Fully electric vehicles contain 44 pounds of lithium carbonate in their battery packs, compared with just one ounce in a notebook computer, Rockwood said in a March presentation. Rapid adoption of electric vehicles could double lithium sales for batteries between 2013 and 2017, then double them again by the end of the decade, according to the presentation.
Rockwood produces lithium by evaporating brine from salt ponds in Chile and Nevada, the only U.S. source of the metal. It’s December agreement to buy a 49 percent stake in Talison Lithium Ltd. gives it access to a lithium rock mine in Western Australia.
The purchase of Rockwood should hasten Albemarle’s effort to start up a second U.S. source of lithium, Kissam said. Albemarle has been working since 2011 on cost effective ways to extract as much as 20,000 tons of lithium a year from its bromine salt ponds in Magnolia, Arkansas.
“To have the world’s leader working with your team certainly will expedite that process,” Kissam said in the interview.
Rockwood, under former CEO Seifi Ghasemi, sold assets that make titanium-dioxide pigment, clay-based additives and ceramics to focus the company on lithium as well as surface treatments used to clean metal and prevent corrosion. Ghasemi stepped down last month to lead Air Products & Chemicals Inc.
“As we watched them continue to divest those businesses and become a pure-play lithium and surface-treatment company, it became increasingly interesting,” Kissam said in the interview. “The talks heated up over the last month or so.”
The deal is the latest example of consolidation in the highly concentrated lithium industry. It outpaces Chengdu Tianqi Industry Group Co.’s C$673 million ($626 million) purchase last year of Australia’s Talison, owner of the world’s largest open-pit lithium mine.

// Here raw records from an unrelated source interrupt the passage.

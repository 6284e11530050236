-- ===== src/Matchmaking/Maker/Waiting/Runs.antt =====
-- What `MatchMaker` (src/server/match-maker.cpp) does for a user who is in `uuid_to_gamemode_`, until
-- the user cancels or is given to `make_match`.
use silent_tanks.Base.{
  ℕ, ◌+◌, ◌%◌, ◌==◌, ◌≡◌, ltb, ◌&&◌, Option-cases, Bool, true, false, List, [], ◌∷◌, ◌++◌, map,
  length, refl, ap, ◌∙◌, arith, inl, inr, Bool-cases, ==_iff,
}
use silent_tanks.Matchmaking.Types.{GameMode, Session, contains, queued}
use silent_tanks.Matchmaking.Types.Lookups.{is_some-if}
use silent_tanks.Matchmaking.Maker.{
  Maker, deliver, start_match, shut_down, record_result, shut_down_done, new_maker, enqueue,
  cancel_task, route_impl, send_match_message, forfeit_impl, async_shutdown, live_players,
  enter_players, make_match, leave_players, start_notices, take_results, match_creation_error,
}
use silent_tanks.Matchmaking.Maker.Steps.{
  MakerTask, enqueue_call, cancel_call, cancel_posted, route_posted, forfeit_posted, message_posted,
  make_posted, results_posted, shutdown_posted, maker_step, maker_run,
}
use silent_tanks.Matchmaking.Maker.Disjoint.{IsDisjoint, maker_run-IsDisjoint, run-keeps}
use silent_tanks.Matchmaking.Maker.Waiting.{
  takes_off, any_takes_off, asks, passed_on, ever_passed_on, Stays, passed_on-append, passed_on-map,
  starts-quiet, entries-quiet, leavers-quiet, erase-keeps, live_players-keeps,
}

enqueue-Stays :
    (m : Maker) (p : Session) (mode : GameMode) (u : ℕ)
    → contains m.uuid_to_gamemode u ≡ true
    → Stays u (enqueue m p mode)
unfolding enqueue passed_on asks
enqueue-Stays m p mode u waits = elim (Bool-cases (contains m.uuid_to_match p.user_id)) [
  | inl plays ↦ rw plays (waits, refl)
  | inr free ↦ elim (Bool-cases (contains m.uuid_to_gamemode p.user_id)) [
    | inl known ↦ rw (free, known) (waits, refl)
    | inr new ↦
        let other : (u == p.user_id) ≡ false = elim (Bool-cases (u == p.user_id)) [
          | inl same ↦
              let e : contains m.uuid_to_gamemode u ≡ contains m.uuid_to_gamemode p.user_id =
                ap (contains m.uuid_to_gamemode) ((==_iff u p.user_id).0 same) in
              absurd (ground (arith, e, waits, new))
          | inr apart ↦ apart
        ] in
        rw (free, new)
          (is_some-if (u == p.user_id) mode (m.uuid_to_gamemode u) ∙ rw other waits, rw other refl)
  ]
]

make_match-Stays :
    (m : Maker) (is_live : ℕ → Bool) (made : Bool) (players : List Session) (u : ℕ)
    → queued u players ≡ false
    → contains m.uuid_to_gamemode u ≡ true
    → Stays u (make_match m is_live made players)
unfolding make_match asks passed_on
make_match-Stays m is_live made players u other waits =
    let kept = live_players-keeps is_live m.uuid_to_gamemode players u other waits in
    let live = live_players is_live m.uuid_to_gamemode players in
    let starts = start_notices 0 players in
    let match_id = (m.next_match_id + 1) % 18446744073709551616 in
    let entries = (enter_players match_id m.uuid_to_match players).1 in
    let failures = map (λ (p : Session). deliver p.id match_creation_error) players in
    let quiet = starts-quiet u 0 players in
    elim (Bool-cases (ltb (length live.1) (length players))) [
      | inl cancelled ↦ rw cancelled (kept, passed_on-map u _ live.1 (λ p. refl))
      | inr all ↦ elim (Bool-cases made) [
        | inr failed ↦
            rw (all, failed)
              (
                kept,
                passed_on-append u starts failures quiet (passed_on-map u _ players (λ p. refl)),
              )
        | inl works ↦
            rw (all, works)
              (
                kept,
                passed_on-append u starts (entries ++ start_match match_id ∷ []) quiet (
                    passed_on-append u entries (start_match match_id ∷ [])
                      (entries-quiet u match_id m.uuid_to_match players) refl),
              )
      ]
    ]

take_results-Stays :
    (m : Maker) (match_id : ℕ) (mode : GameMode) (user_ids : List ℕ) (u : ℕ)
    → contains m.uuid_to_gamemode u ≡ true
    → Stays u (take_results m match_id mode user_ids)
unfolding take_results asks passed_on
take_results-Stays m match_id mode user_ids u waits = (
  waits,
  passed_on-append u (leave_players mode m.uuid_to_match user_ids).1 (record_result ∷ [])
      (leavers-quiet u mode m.uuid_to_match user_ids) refl,
)

async_shutdown-Stays :
    (m : Maker) (u : ℕ) → contains m.uuid_to_gamemode u ≡ true → Stays u (async_shutdown m)
unfolding async_shutdown asks passed_on
async_shutdown-Stays m u waits = elim (Bool-cases m.shutting_down) [
  | inl again ↦ rw again (waits, refl)
  | inr first ↦ rw first (
    waits,
    passed_on-append u (map shut_down m.live_matches) (shut_down_done ∷ [])
        (passed_on-map u shut_down m.live_matches (λ i. refl)) refl,
  )
]

-- The tasks that look a user up among the users in a match.
route_impl-Stays :
    (m : Maker) (p : Session) (u : ℕ)
    → contains m.uuid_to_gamemode u ≡ true
    → Stays u (route_impl m p)
unfolding route_impl asks passed_on
route_impl-Stays m p u waits = elim (Option-cases (m.uuid_to_match p.user_id)) [
  | inl absent ↦ rw (absent, route_impl) (waits, refl)
  | inr (match_id, known) ↦ rw (known, route_impl) (waits, refl)
]

send_match_message-Stays :
    (m : Maker) (p : Session) (user_id u : ℕ)
    → contains m.uuid_to_gamemode u ≡ true
    → Stays u (send_match_message m p user_id)
unfolding send_match_message asks passed_on
send_match_message-Stays m p user_id u waits = elim (Option-cases (m.uuid_to_match user_id)) [
  | inl absent ↦ rw (absent, send_match_message) (waits, refl)
  | inr (match_id, known) ↦ rw (known, send_match_message) (waits, refl)
]

forfeit_impl-Stays :
    (m : Maker) (p : Session) (u : ℕ)
    → contains m.uuid_to_gamemode u ≡ true
    → Stays u (forfeit_impl m p)
unfolding forfeit_impl asks passed_on
forfeit_impl-Stays m p u waits = elim (Option-cases (m.uuid_to_match p.user_id)) [
  | inl absent ↦ rw (absent, forfeit_impl) (waits, refl)
  | inr (match_id, known) ↦ rw (known, forfeit_impl) (waits, refl)
]

cancel_task-Stays :
    (m : Maker) (p : Session) (called_by_user : Bool) (u : ℕ)
    → contains m.uuid_to_gamemode u ≡ true
    → Stays u (cancel_task m p called_by_user)
unfolding cancel_task asks passed_on
cancel_task-Stays m p called_by_user u waits =
    elim (Bool-cases (called_by_user && contains m.uuid_to_match p.user_id)) [
      | inl known ↦ rw known (waits, refl)
      | inr unknown ↦ rw unknown (waits, refl)
    ]

maker_step-Stays :
    (m : Maker) (t : MakerTask) (u : ℕ)
    → takes_off u t ≡ false
    → contains m.uuid_to_gamemode u ≡ true
    → Stays u (maker_step m t)
unfolding maker_step takes_off asks passed_on
maker_step-Stays m (enqueue_call p mode) u stays waits = enqueue-Stays m p mode u waits
maker_step-Stays m (cancel_call p mode) u stays waits =
    (erase-keeps m.uuid_to_gamemode p.user_id u stays waits, refl)
maker_step-Stays m (cancel_posted p called_by_user) u stays waits =
    cancel_task-Stays m p called_by_user u waits
maker_step-Stays m (route_posted p) u stays waits = route_impl-Stays m p u waits
maker_step-Stays m (forfeit_posted p) u stays waits = forfeit_impl-Stays m p u waits
maker_step-Stays m (message_posted p user_id) u stays waits =
    send_match_message-Stays m p user_id u waits
maker_step-Stays m (make_posted is_live made players) u stays waits =
    make_match-Stays m is_live made players u stays waits
maker_step-Stays m (results_posted match_id mode user_ids) u stays waits =
    take_results-Stays m match_id mode user_ids u waits
maker_step-Stays m shutdown_posted u stays waits = async_shutdown-Stays m u waits

run-stays :
    (m : Maker) (ts : List MakerTask) (u : ℕ)
    → any_takes_off u ts ≡ false
    → contains m.uuid_to_gamemode u ≡ true
    → (contains (maker_run m ts).uuid_to_gamemode u ≡ true) × (ever_passed_on u m ts ≡ false)
unfolding maker_run any_takes_off ever_passed_on
run-stays m [] u stays waits = (waits, refl)
run-stays m (t ∷ ts) u stays waits = elim (Bool-cases (takes_off u t)) [
  | inl off ↦ absurd (ground (arith, rw off at stays))
  | inr here ↦
      let (waits', quiet) = maker_step-Stays m t u here waits in
      let (last, later) = run-stays (maker_step m t).0 ts u (rw here at stays) waits' in
      (last, rw quiet later)
]

absent :
    (m : Maker) (u : ℕ)
    → IsDisjoint m
    → contains m.uuid_to_gamemode u ≡ true
    → contains m.uuid_to_match u ≡ false
absent m u apart waits = elim (Bool-cases (contains m.uuid_to_match u)) [
  | inl plays ↦ absurd (ground (arith, apart u plays, waits))
  | inr free ↦ free
]

-- Calls and tasks of the match maker run in any order from its start, each alone, and then `u` has
-- an entry in `uuid_to_gamemode_`. Then `u` has none in `uuid_to_match_`; and while further calls and
-- tasks run, none of which is a cancellation by `u` or the making of a match with `u`, it stays so,
-- and no session of `u` is passed to a strategy again.
pub maker_run-waits :
    (ts more : List MakerTask) (u : ℕ)
    → contains (maker_run new_maker ts).uuid_to_gamemode u ≡ true
    → any_takes_off u more ≡ false
    → let before = maker_run new_maker ts in
      let after = maker_run before more in
      (contains before.uuid_to_match u ≡ false)
      × (contains after.uuid_to_gamemode u ≡ true)
      × (contains after.uuid_to_match u ≡ false)
      × (ever_passed_on u before more ≡ false)
maker_run-waits ts more u waits stays =
    let before = maker_run new_maker ts in
    let apart = maker_run-IsDisjoint ts in
    let (still, quiet) = run-stays before more u stays waits in
    (
      absent before u apart waits,
      still,
      absent (maker_run before more) u (run-keeps before more apart) still,
      quiet,
    )
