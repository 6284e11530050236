-- ===== src/Matchmaking/Ranked.antt =====
-- `RankedTwoPlayerStrategy` (src/server/match-strategy.cpp). A node of a list of the standard library
-- keeps its place in memory, which an iterator names: each entry has a number of its own, `node`, and
-- an iterator is this number. The clock is an argument, in nanoseconds. An access outside the vector
-- of buckets, the use of an iterator of another list and of the end of the lookup are faults, `none`.
pub mod Buckets
pub mod Nodes
pub mod Invariant
pub mod Sizes
pub mod Outcome
pub mod Tick
pub mod Enqueue
pub mod Runs
pub mod Short
use silent_tanks.Base.{
  ℕ, zero, suc, ◌+◌, ◌-◌, ◌/◌, ◌==◌, ltb, leb, Bool, true, false, ◌&&◌, if◌then◌else◌, Option, some,
  none, List, [], ◌∷◌, ◌++◌, length, get_elem?, replicate, write, ◌>>=◌,
}
use mathlib.Core.Option
use silent_tanks.Matchmaking.Types.{
  ℤ, pos, negsuc, Session, Lookup, no_users, insert, erase, contains,
}

abbrev pub elo_floor : ℕ
elo_floor = 500

abbrev pub max_elo_bucket : ℕ
max_elo_bucket = 3000

abbrev pub num_buckets : ℕ
num_buckets = 100

abbrev pub bucket_size : ℕ
bucket_size = (max_elo_bucket - elo_floor) / num_buckets

abbrev pub max_buckets_diff : ℕ
max_buckets_diff = 400 / bucket_size

-- Fifteen seconds.
abbrev pub bucket_increment_time : ℕ
bucket_increment_time = 15000000000

unfoldable pub elo_to_bucket_index : ℤ → ℕ
elo_to_bucket_index (negsuc n) = 0
elo_to_bucket_index (pos elo) =
    if leb max_elo_bucket elo
    then num_buckets
    else if ltb elo elo_floor
    then 0
    else (elo - elo_floor) / bucket_size

pub record QueueEntry : Type 0 where
  pub session : Session
  pub enqueued_at : ℕ
  pub node : ℕ

pub record LookupData : Type 0 where
  pub bucket_index : ℕ
  pub iter : ℕ

pub record Ranked : Type 0 where
  pub elo_buckets : List (List QueueEntry)
  pub lookup : Lookup LookupData
  pub next_node : ℕ

abbrev pub new_ranked : Ranked
new_ranked = record {
  elo_buckets = replicate (num_buckets + 1) [];
  lookup = no_users;
  next_node = 0;
}

-- `list::erase`.
unfoldable pub erase_node : ℕ → List QueueEntry → Option (List QueueEntry)
erase_node k [] = none
erase_node k (e ∷ es) =
    let rest = erase_node k es in
    if e.node == k then some es else Option.map (λ left. e ∷ left) rest

unfoldable pub erase_entry : List (List QueueEntry) → LookupData → Option (List (List QueueEntry))
unfolding erase_node
erase_entry buckets data' = do
  bucket ← get_elem? buckets data'.bucket_index
  left ← erase_node data'.iter bucket
  write buckets data'.bucket_index left

unfoldable pub enqueue : Ranked → ℕ → Session → Option Ranked
unfolding elo_to_bucket_index
enqueue s now p =
    let bucket_index = elo_to_bucket_index p.elo in
    if contains s.lookup p.user_id then some s else (do
      bucket ← get_elem? s.elo_buckets bucket_index
      buckets ←
          write s.elo_buckets bucket_index
            (bucket ++ record { session = p; enqueued_at = now; node = s.next_node } ∷ [])
      some (record {
        elo_buckets = buckets;
        lookup =
            insert s.lookup p.user_id (record { bucket_index = bucket_index; iter = s.next_node });
        next_node = s.next_node + 1;
      }))

unfoldable pub cancel : Ranked → Session → Option Ranked
unfolding erase_entry
cancel s p = elim (s.lookup p.user_id) [
  | none ↦ some s
  | some data' ↦ erase_entry s.elo_buckets data' >>= λ buckets.
      some (record s { elo_buckets = buckets; lookup = erase s.lookup p.user_id })
]

-- A match of the two sessions.
abbrev pub Pair : Type 0
Pair = Session × Session

unfoldable pub match_and_remove : Ranked → Session → Session → Option Ranked
unfolding erase_entry
match_and_remove s p1 p2 = do
  p1_look ← s.lookup p1.user_id
  p2_look ← s.lookup p2.user_id
  first ← erase_entry s.elo_buckets p2_look
  both ← erase_entry first p1_look
  some (record s { elo_buckets = both; lookup = erase (erase s.lookup p1.user_id) p2.user_id })

-- The loop while the bucket `i` has two entries, with the size of the bucket as fuel.
unfoldable pub match_pairs : ℕ → Ranked → ℕ → Option (Ranked × List Pair)
unfolding match_and_remove
match_pairs zero s i = some (s, [])
match_pairs (suc fuel) s i = get_elem? s.elo_buckets i >>= λ bucket. elim bucket [
  | e1 ∷ e2 ∷ es ↦ (do
    next ← match_and_remove s e1.session e2.session
    (after, pairs) ← match_pairs fuel next i
    some (after, (e1.session, e2.session) ∷ pairs))
  | _ ↦ some (s, [])
]

-- The loop over `radius`, with the number of its rounds that are left.
unfoldable pub search : ℕ → Ranked → ℕ → QueueEntry → ℕ → Option (Ranked × List Pair)
unfolding match_and_remove
search zero s i entry radius = some (s, [])
search (suc left) s i entry radius = do
  let farther = search left s i entry (radius + 1)
  lower ← if leb radius i then get_elem? s.elo_buckets (i - radius) else some []
  elim lower [
    | e ∷ es ↦ match_and_remove s entry.session e.session >>= λ next.
        some (next, (entry.session, e.session) ∷ [])
    | [] ↦ (do
      upper ← if leb (i + radius) num_buckets then get_elem? s.elo_buckets (i + radius) else some []
      elim upper [
        | e ∷ es ↦ match_and_remove s entry.session e.session >>= λ next.
            some (next, (entry.session, e.session) ∷ [])
        | [] ↦ farther
      ])
  ]

-- How many buckets away an entry is matched.
unfoldable pub search_delta : ℕ → QueueEntry → ℕ
search_delta now entry =
    let delta = (now - entry.enqueued_at) / bucket_increment_time in
    if ltb max_buckets_diff delta then max_buckets_diff else delta

-- The body of the loop over the buckets.
unfoldable pub match_bucket : Ranked → ℕ → ℕ → Option (Ranked × List Pair)
unfolding match_pairs search search_delta
match_bucket s now i = get_elem? s.elo_buckets i >>= λ bucket.
    let size = length bucket in
    elim bucket [
      | [] ↦ some (s, [])
      | entry ∷ [] ↦ search (search_delta now entry) s i entry 1
      | _ ∷ _ ∷ _ ↦ match_pairs size s i
    ]

-- The loop from the bucket `count - 1` down to the bucket 0.
unfoldable pub match_buckets : ℕ → Ranked → ℕ → Option (Ranked × List Pair)
unfolding match_bucket
match_buckets zero s now = some (s, [])
match_buckets (suc i) s now = do
  (next, pairs) ← match_bucket s now i
  (after, more) ← match_buckets i next now
  some (after, pairs ++ more)

unfoldable pub try_form_match : Ranked → ℕ → Option (Ranked × List Pair)
unfolding match_buckets
try_form_match s now = match_buckets (length s.elo_buckets) s now
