-- ===== src/Matchmaking/Ranked/Buckets.antt =====
-- The buckets of ratings (`elo_to_bucket_index` of src/server/match-strategy.cpp).
use silent_tanks.Base.{ℕ, ◌+◌, ◌*◌, ◌≤◌, ◌<◌, arith}
use silent_tanks.Matchmaking.Types.{ℤ, pos, negsuc}
use silent_tanks.Matchmaking.Ranked.{
  elo_floor, max_elo_bucket, num_buckets, bucket_size, elo_to_bucket_index,
}

abbrev pub AtMost : ℤ → ℤ → Type 0
AtMost (pos a) (pos b) = a ≤ b
AtMost (pos a) (negsuc b) = ⊥
AtMost (negsuc a) (pos b) = Unit
AtMost (negsuc a) (negsuc b) = b ≤ a

-- Every rating has a bucket of the vector, a lower rating has no higher bucket, and a rating from the
-- floor on and below the last bucket is in the bucket whose range of 25 contains it.
pub elo_to_bucket_index_lem :
    (a b : ℤ) (elo : ℕ)
    → AtMost a b
    → elo_floor ≤ elo
    → elo < max_elo_bucket
    → (elo_to_bucket_index a ≤ elo_to_bucket_index b)
      × (elo_to_bucket_index b ≤ num_buckets)
      × (elo_floor + bucket_size * elo_to_bucket_index (pos elo) ≤ elo)
      × (elo < elo_floor + bucket_size * (elo_to_bucket_index (pos elo) + 1))
unfolding elo_to_bucket_index
elo_to_bucket_index_lem (pos a) (pos b) elo order low high = ground arith
elo_to_bucket_index_lem (negsuc a) (pos b) elo order low high = ground arith
elo_to_bucket_index_lem (negsuc a) (negsuc b) elo order low high = ground arith
elo_to_bucket_index_lem (pos a) (negsuc b) elo order low high = absurd order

After Chengdu Tianqi outbid Rockwood to buy Talison, it agreed to sell a stake in the mine to Rockwood.
Talison, Rockwood, Philadelphia-based FMC Corp. and SQM control about 90 percent of worldwide lithium production, according to Jefferies & Co.
Albemarle agreed to pay $50.65 in cash and 0.4803 of a share for each Rockwood share. That values Rockwood at $85.53 a share, or 13 percent more than yesterday’s closing price, the companies said in a statement.
Bank of America Corp. is providing financing for the cash portion of the deal, which is expected to close in the first quarter of 2015.
Albemarle investors will own 70 percent of the combined company and Rockwood holders the rest. Albemarle’s Kissam will be CEO.
The deal isn’t contingent on the completion of Huntsman Corp.’s planned acquisition of Rockwood’s titanium-dioxide business, Kissam told analysts on a conference call.
Today’s deal is the largest takeover of a diversified chemicals company since Solvay SA bought Rhodia SA in 2011, according to data compiled by Bloomberg. It will add to Albemarle’s cash earnings per share in the first year, according to the statement. Albemarle expects about $100 million in cost savings by 2016.
Rockwood rose 9.8 percent to $83.14 at the close in New York while Albemarle slid 2.6 percent to $70.03.
Bank of America is Albemarle’s financial adviser while its legal advisers are Shearman & Sterling LLP, Troutman Sanders LLP and Kelley Drye & Warren LLP. Lazard Ltd. and Citigroup Inc. are Rockwood’s financial advisers and its legal adviser is Simpson Thacher & Bartlett LLP.